*Exercise instructions*
Please quote exactly the lines below from the line containing "plain dollar : Reading" to the line containing "advance plain c = begin [] c", both lines included, and nothing else.

Saved data entries

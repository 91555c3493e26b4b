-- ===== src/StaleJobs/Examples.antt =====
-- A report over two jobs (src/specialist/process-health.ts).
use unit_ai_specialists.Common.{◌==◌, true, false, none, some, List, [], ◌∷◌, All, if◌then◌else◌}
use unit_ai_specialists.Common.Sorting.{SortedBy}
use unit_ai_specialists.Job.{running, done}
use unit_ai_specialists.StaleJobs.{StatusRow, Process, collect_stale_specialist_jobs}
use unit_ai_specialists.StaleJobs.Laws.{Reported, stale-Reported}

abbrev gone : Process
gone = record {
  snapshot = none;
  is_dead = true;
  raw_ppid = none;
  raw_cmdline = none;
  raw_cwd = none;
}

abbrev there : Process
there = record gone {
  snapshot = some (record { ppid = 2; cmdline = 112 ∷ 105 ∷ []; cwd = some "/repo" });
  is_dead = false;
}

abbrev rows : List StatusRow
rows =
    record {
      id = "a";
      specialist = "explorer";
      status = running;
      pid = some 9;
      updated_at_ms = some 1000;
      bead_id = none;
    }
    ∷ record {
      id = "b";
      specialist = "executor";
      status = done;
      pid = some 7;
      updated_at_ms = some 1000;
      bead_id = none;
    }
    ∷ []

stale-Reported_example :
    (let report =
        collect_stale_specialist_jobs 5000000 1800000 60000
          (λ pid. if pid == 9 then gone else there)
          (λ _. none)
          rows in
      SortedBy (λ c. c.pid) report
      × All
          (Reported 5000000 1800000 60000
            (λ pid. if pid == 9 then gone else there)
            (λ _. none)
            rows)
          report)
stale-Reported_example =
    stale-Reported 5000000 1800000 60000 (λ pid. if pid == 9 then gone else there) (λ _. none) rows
==
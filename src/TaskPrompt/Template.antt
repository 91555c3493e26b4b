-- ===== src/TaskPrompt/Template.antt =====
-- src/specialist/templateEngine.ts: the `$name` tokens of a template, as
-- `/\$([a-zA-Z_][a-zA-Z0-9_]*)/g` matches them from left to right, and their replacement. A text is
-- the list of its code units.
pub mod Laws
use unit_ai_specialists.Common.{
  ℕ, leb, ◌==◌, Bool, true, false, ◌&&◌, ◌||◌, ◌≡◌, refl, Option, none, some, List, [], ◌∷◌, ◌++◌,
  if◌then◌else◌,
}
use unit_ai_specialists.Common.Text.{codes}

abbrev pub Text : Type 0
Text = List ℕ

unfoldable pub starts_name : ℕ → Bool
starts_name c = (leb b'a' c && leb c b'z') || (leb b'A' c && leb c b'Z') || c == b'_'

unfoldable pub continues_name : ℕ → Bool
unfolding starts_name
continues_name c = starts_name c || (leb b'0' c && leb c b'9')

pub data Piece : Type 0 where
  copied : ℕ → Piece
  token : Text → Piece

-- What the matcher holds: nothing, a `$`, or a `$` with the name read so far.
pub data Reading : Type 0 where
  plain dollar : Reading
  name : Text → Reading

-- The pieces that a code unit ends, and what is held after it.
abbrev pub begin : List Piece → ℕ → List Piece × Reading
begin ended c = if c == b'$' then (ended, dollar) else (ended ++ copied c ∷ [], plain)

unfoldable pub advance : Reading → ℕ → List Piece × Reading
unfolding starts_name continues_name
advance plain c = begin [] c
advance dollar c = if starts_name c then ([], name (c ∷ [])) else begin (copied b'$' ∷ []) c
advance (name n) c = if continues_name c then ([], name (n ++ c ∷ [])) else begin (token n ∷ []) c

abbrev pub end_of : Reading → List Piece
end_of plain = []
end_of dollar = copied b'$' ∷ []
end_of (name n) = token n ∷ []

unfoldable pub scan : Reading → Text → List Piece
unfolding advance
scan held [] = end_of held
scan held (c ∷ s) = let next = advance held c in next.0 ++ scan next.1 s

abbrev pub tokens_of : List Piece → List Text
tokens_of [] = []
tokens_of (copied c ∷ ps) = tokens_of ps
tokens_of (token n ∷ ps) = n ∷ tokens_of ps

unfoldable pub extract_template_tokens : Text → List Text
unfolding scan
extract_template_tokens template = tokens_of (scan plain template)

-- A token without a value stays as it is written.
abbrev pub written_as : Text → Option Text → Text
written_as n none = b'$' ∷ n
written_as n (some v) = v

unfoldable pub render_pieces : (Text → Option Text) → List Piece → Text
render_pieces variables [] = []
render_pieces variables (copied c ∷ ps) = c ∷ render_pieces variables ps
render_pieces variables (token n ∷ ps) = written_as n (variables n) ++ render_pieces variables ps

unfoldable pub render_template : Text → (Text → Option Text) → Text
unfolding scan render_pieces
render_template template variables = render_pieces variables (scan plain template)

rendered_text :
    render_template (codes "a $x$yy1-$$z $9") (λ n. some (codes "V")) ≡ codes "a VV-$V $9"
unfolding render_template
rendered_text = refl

*Your response*
  plain dollar : Reading
  name : Text → Reading

-- The pieces that a code unit ends, and what is held after it.
abbrev pub begin : List Piece → ℕ → List Piece × Reading
begin ended c = if c == b'$' then (ended, dollar) else (ended ++ copied c ∷ [], plain)

unfoldable pub advance : Reading → ℕ → List Piece × Reading
unfolding starts_name continues_name
advance plain c = begin [] c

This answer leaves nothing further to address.